Task objective => Beneath this sentence is a set of records; write each of them out exactly.

----- Materials provided -----

-- ===== src/Proxy/Transport/Again.antt =====
-- Two fetches by `doRequest` of internal/api/v1/proxy.go for one host.
use aniraku_backend.Base.{
  ltb, Bool-cases, length, Text, text_eq_refl, Dict, lookup, delete, lookup-insert, ℕ, ◌+◌, ◌-◌,
  ◌<◌, ◌≡◌, refl, ap, ◌∙◌, ◌≢◌, ◌⊎◌, inl, inr, true, false, none, some, List, [], ◌∷◌, ◌++◌, arith,
}
use aniraku_backend.Proxy.Transport.{
  Transport, TransportEntry, proxy_memo_ttl, Wire, is_clean, Fetched, after_refusal, chain, walk,
  try_remembered, do_request, go_tls4,
}

-- No transport is remembered for the host, or one for longer than ten minutes, or one that fails now.
abbrev pub Unhelped : Wire → Text → ℕ → Dict TransportEntry → Type 0
Unhelped wire host m memo =
    (lookup host memo ≡ none)
    ⊎ ((e : TransportEntry) × (lookup host memo ≡ some e)
        × ((ltb (wire.clock m - e.at) proxy_memo_ttl ≡ false)
            ⊎ (is_clean (wire.reply m e.client) ≡ false)))

module _ (wire : Wire) (host : Text) where
  -- The memo holds the transport that was tried last, with the time after the attempts.
  abbrev Kept : ℕ → Fetched → Transport → Type 0
  Kept n f c =
      lookup host f.memo ≡ some (record { client = c; at = wire.clock (n + length f.tried) })

  append_some : (front : List Transport) (c : Transport) → front ++ c ∷ [] ≢ []
  append_some [] c = ground arith
  append_some (x ∷ front) c = ground arith

  walk_some :
      (cs : List Transport) (n : ℕ) (memo : Dict TransportEntry)
      → (walk wire host cs n memo).tried ≢ []
  unfolding walk after_refusal
  walk_some [] n memo = ground arith
  walk_some (c ∷ cs) n memo = ground arith

  walk-Kept :
      (cs : List Transport) (n : ℕ) (memo : Dict TransportEntry) (front : List Transport)
      (c : Transport)
      → (walk wire host cs n memo).tried ≡ front ++ c ∷ []
      → c ≢ go_tls4
      → Kept n (walk wire host cs n memo) c
  unfolding walk after_refusal
  walk-Kept [] n memo [] c h before_last = absurd (ground arith)
  walk-Kept [] n memo (x ∷ front) c h before_last = absurd (ground (arith, h, append_some front c))
  walk-Kept (d ∷ cs) n memo [] c h before_last = elim (Bool-cases (is_clean (wire.reply n d))) [
    | inl won ↦ ground (
      arith,
      h,
      won,
      lookup-insert host host (record { client = d; at = wire.clock (n + 1) }) memo,
      text_eq_refl host,
    )
    | inr refused ↦ absurd (ground (arith, h, refused, walk_some cs (n + 1) memo))
  ]
  walk-Kept (d ∷ cs) n memo (x ∷ front) c h before_last =
      elim (Bool-cases (is_clean (wire.reply n d))) [
        | inl won ↦ absurd (ground (arith, h, won, append_some front c))
        | inr refused ↦
            let rest = walk-Kept cs (n + 1) memo front c (ground (arith, h, refused)) before_last in
            rw refused
              (rest ∙ ap (λ (k : ℕ). some (record { client = c; at = wire.clock k })) (omega arith))
      ]

  refused-Kept :
      (e : TransportEntry) (m : ℕ) (memo : Dict TransportEntry) (front : List Transport)
      (c : Transport)
      → is_clean (wire.reply m e.client) ≡ false
      → (try_remembered wire host e m memo).tried ≡ front ++ c ∷ []
      → c ≢ go_tls4
      → Kept m (try_remembered wire host e m memo) c
  unfolding try_remembered after_refusal
  refused-Kept e m memo [] c refused h before_last =
      absurd (ground (arith, h, refused, walk_some chain (m + 1) (delete host memo)))
  refused-Kept e m memo (x ∷ front) c refused h before_last = rw refused (
      walk-Kept chain (m + 1) (delete host memo) front c (ground (arith, h, refused)) before_last
      ∙ ap (λ (k : ℕ). some (record { client = c; at = wire.clock k })) (omega arith))

  do_request-Kept :
      (m : ℕ) (memo : Dict TransportEntry) (front : List Transport) (c : Transport)
      → Unhelped wire host m memo
      → (do_request wire host true m memo).tried ≡ front ++ c ∷ []
      → c ≢ go_tls4
      → Kept m (do_request wire host true m memo) c
  unfolding do_request
  do_request-Kept m memo front c (inl missing) h before_last =
      rw (missing, do_request)
        (walk-Kept chain m memo front c (rw (missing, do_request) at h) before_last)
  do_request-Kept m memo front c (inr (e, found, why)) h before_last =
      elim (Bool-cases (ltb (wire.clock m - e.at) proxy_memo_ttl)) [
        | inr old ↦
            rw (found, old, do_request)
              (walk-Kept chain m memo front c (rw (found, old, do_request) at h) before_last)
        | inl fresh ↦ elim why [
          | inl old ↦ absurd (ground (arith, fresh, old))
          | inr refused ↦
              rw (found, fresh, do_request)
                (refused-Kept e m memo front c refused (rw (found, fresh, do_request) at h)
                  before_last)
        ]
      ]

-- After a fetch over TLS for a host of which no transport was remembered, or one for ten minutes or
-- longer, or one that failed now, if the transport tried last is not the last of the chain, a later
-- fetch for the host that starts within ten minutes of the end of the first, on any network on
-- which that transport is clean, tries it and no other, returns what it got, and leaves the memo as
-- it is.
pub do_request_again :
    (wire later : Wire) (host : Text) (m n : ℕ) (memo : Dict TransportEntry)
    (front : List Transport) (c : Transport)
    → Unhelped wire host m memo
    → (do_request wire host true m memo).tried ≡ front ++ c ∷ []
    → c ≢ go_tls4
    → later.clock n
      < wire.clock (m + length (do_request wire host true m memo).tried) + proxy_memo_ttl
    → is_clean (later.reply n c) ≡ true
    → do_request later host true n (do_request wire host true m memo).memo ≡ record {
      memo = (do_request wire host true m memo).memo;
      tried = c ∷ [];
      outcome = later.reply n c;
    }
unfolding do_request try_remembered
do_request_again wire later host m n memo front c unhelped h before_last soon clean =
    let fresh : ltb
          (later.clock n - wire.clock (m + length (do_request wire host true m memo).tried))
          proxy_memo_ttl
        ≡ true =
      ground (arith, soon) in
    rw (do_request-Kept wire host m memo front c unhelped h before_last, fresh, clean) refl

-----

Exercise result =>
-- ===== src/Proxy/Transport/Again.antt =====
-- Two fetches by `doRequest` of internal/api/v1/proxy.go for one host.
use aniraku_backend.Base.{
  ltb, Bool-cases, length, Text, text_eq_refl, Dict, lookup, delete, lookup-insert, ℕ, ◌+◌, ◌-◌,
  ◌<◌, ◌≡◌, refl, ap, ◌∙◌, ◌≢◌, ◌⊎◌, inl, inr, true, false, none, some, List, [], ◌∷◌, ◌++◌, arith,
}
use aniraku_backend.Proxy.Transport.{
  Transport, TransportEntry, proxy_memo_ttl, Wire, is_clean, Fetched, after_refusal, chain, walk,
  try_remembered, do_request, go_tls4,
}

-- No transport is remembered for the host, or one for longer than ten minutes, or one that fails now.
abbrev pub Unhelped : Wire → Text → ℕ → Dict TransportEntry → Type 0
Unhelped wire host m memo =
    (lookup host memo ≡ none)
    ⊎ ((e : TransportEntry) × (lookup host memo ≡ some e)
        × ((ltb (wire.clock m - e.at) proxy_memo_ttl ≡ false)
            ⊎ (is_clean (wire.reply m e.client) ≡ false)))

module _ (wire : Wire) (host : Text) where
  -- The memo holds the transport that was tried last, with the time after the attempts.
  abbrev Kept : ℕ → Fetched → Transport → Type 0
  Kept n f c =
      lookup host f.memo ≡ some (record { client = c; at = wire.clock (n + length f.tried) })

  append_some : (front : List Transport) (c : Transport) → front ++ c ∷ [] ≢ []
  append_some [] c = ground arith
  append_some (x ∷ front) c = ground arith

  walk_some :
      (cs : List Transport) (n : ℕ) (memo : Dict TransportEntry)
      → (walk wire host cs n memo).tried ≢ []
  unfolding walk after_refusal
  walk_some [] n memo = ground arith
  walk_some (c ∷ cs) n memo = ground arith

  walk-Kept :
      (cs : List Transport) (n : ℕ) (memo : Dict TransportEntry) (front : List Transport)
      (c : Transport)
      → (walk wire host cs n memo).tried ≡ front ++ c ∷ []
      → c ≢ go_tls4
      → Kept n (walk wire host cs n memo) c
  unfolding walk after_refusal
  walk-Kept [] n memo [] c h before_last = absurd (ground arith)
  walk-Kept [] n memo (x ∷ front) c h before_last = absurd (ground (arith, h, append_some front c))
  walk-Kept (d ∷ cs) n memo [] c h before_last = elim (Bool-cases (is_clean (wire.reply n d))) [
    | inl won ↦ ground (
      arith,
      h,
      won,
      lookup-insert host host (record { client = d; at = wire.clock (n + 1) }) memo,
      text_eq_refl host,
    )
    | inr refused ↦ absurd (ground (arith, h, refused, walk_some cs (n + 1) memo))
  ]
  walk-Kept (d ∷ cs) n memo (x ∷ front) c h before_last =
      elim (Bool-cases (is_clean (wire.reply n d))) [
        | inl won ↦ absurd (ground (arith, h, won, append_some front c))
        | inr refused ↦
            let rest = walk-Kept cs (n + 1) memo front c (ground (arith, h, refused)) before_last in
            rw refused
              (rest ∙ ap (λ (k : ℕ). some (record { client = c; at = wire.clock k })) (omega arith))
      ]

  refused-Kept :
      (e : TransportEntry) (m : ℕ) (memo : Dict TransportEntry) (front : List Transport)
      (c : Transport)
      → is_clean (wire.reply m e.client) ≡ false
      → (try_remembered wire host e m memo).tried ≡ front ++ c ∷ []
      → c ≢ go_tls4
      → Kept m (try_remembered wire host e m memo) c
  unfolding try_remembered after_refusal
  refused-Kept e m memo [] c refused h before_last =
      absurd (ground (arith, h, refused, walk_some chain (m + 1) (delete host memo)))
  refused-Kept e m memo (x ∷ front) c refused h before_last = rw refused (
      walk-Kept chain (m + 1) (delete host memo) front c (ground (arith, h, refused)) before_last
      ∙ ap (λ (k : ℕ). some (record { client = c; at = wire.clock k })) (omega arith))

  do_request-Kept :
      (m : ℕ) (memo : Dict TransportEntry) (front : List Transport) (c : Transport)
      → Unhelped wire host m memo
      → (do_request wire host true m memo).tried ≡ front ++ c ∷ []
      → c ≢ go_tls4
      → Kept m (do_request wire host true m memo) c
  unfolding do_request
  do_request-Kept m memo front c (inl missing) h before_last =
      rw (missing, do_request)
        (walk-Kept chain m memo front c (rw (missing, do_request) at h) before_last)
  do_request-Kept m memo front c (inr (e, found, why)) h before_last =
      elim (Bool-cases (ltb (wire.clock m - e.at) proxy_memo_ttl)) [
        | inr old ↦
            rw (found, old, do_request)
              (walk-Kept chain m memo front c (rw (found, old, do_request) at h) before_last)
        | inl fresh ↦ elim why [
          | inl old ↦ absurd (ground (arith, fresh, old))
          | inr refused ↦
              rw (found, fresh, do_request)
                (refused-Kept e m memo front c refused (rw (found, fresh, do_request) at h)
                  before_last)
        ]
      ]

-- After a fetch over TLS for a host of which no transport was remembered, or one for ten minutes or
-- longer, or one that failed now, if the transport tried last is not the last of the chain, a later
-- fetch for the host that starts within ten minutes of the end of the first, on any network on
-- which that transport is clean, tries it and no other, returns what it got, and leaves the memo as
-- it is.
pub do_request_again :
    (wire later : Wire) (host : Text) (m n : ℕ) (memo : Dict TransportEntry)
    (front : List Transport) (c : Transport)
    → Unhelped wire host m memo
    → (do_request wire host true m memo).tried ≡ front ++ c ∷ []
    → c ≢ go_tls4
    → later.clock n
      < wire.clock (m + length (do_request wire host true m memo).tried) + proxy_memo_ttl
    → is_clean (later.reply n c) ≡ true
    → do_request later host true n (do_request wire host true m memo).memo ≡ record {
      memo = (do_request wire host true m memo).memo;
      tried = c ∷ [];
      outcome = later.reply n c;
    }
unfolding do_request try_remembered
do_request_again wire later host m n memo front c unhelped h before_last soon clean =
    let fresh : ltb
          (later.clock n - wire.clock (m + length (do_request wire host true m memo).tried))
          proxy_memo_ttl
        ≡ true =
      ground (arith, soon) in
    rw (do_request-Kept wire host m memo front c unhelped h before_last, fresh, clean) refl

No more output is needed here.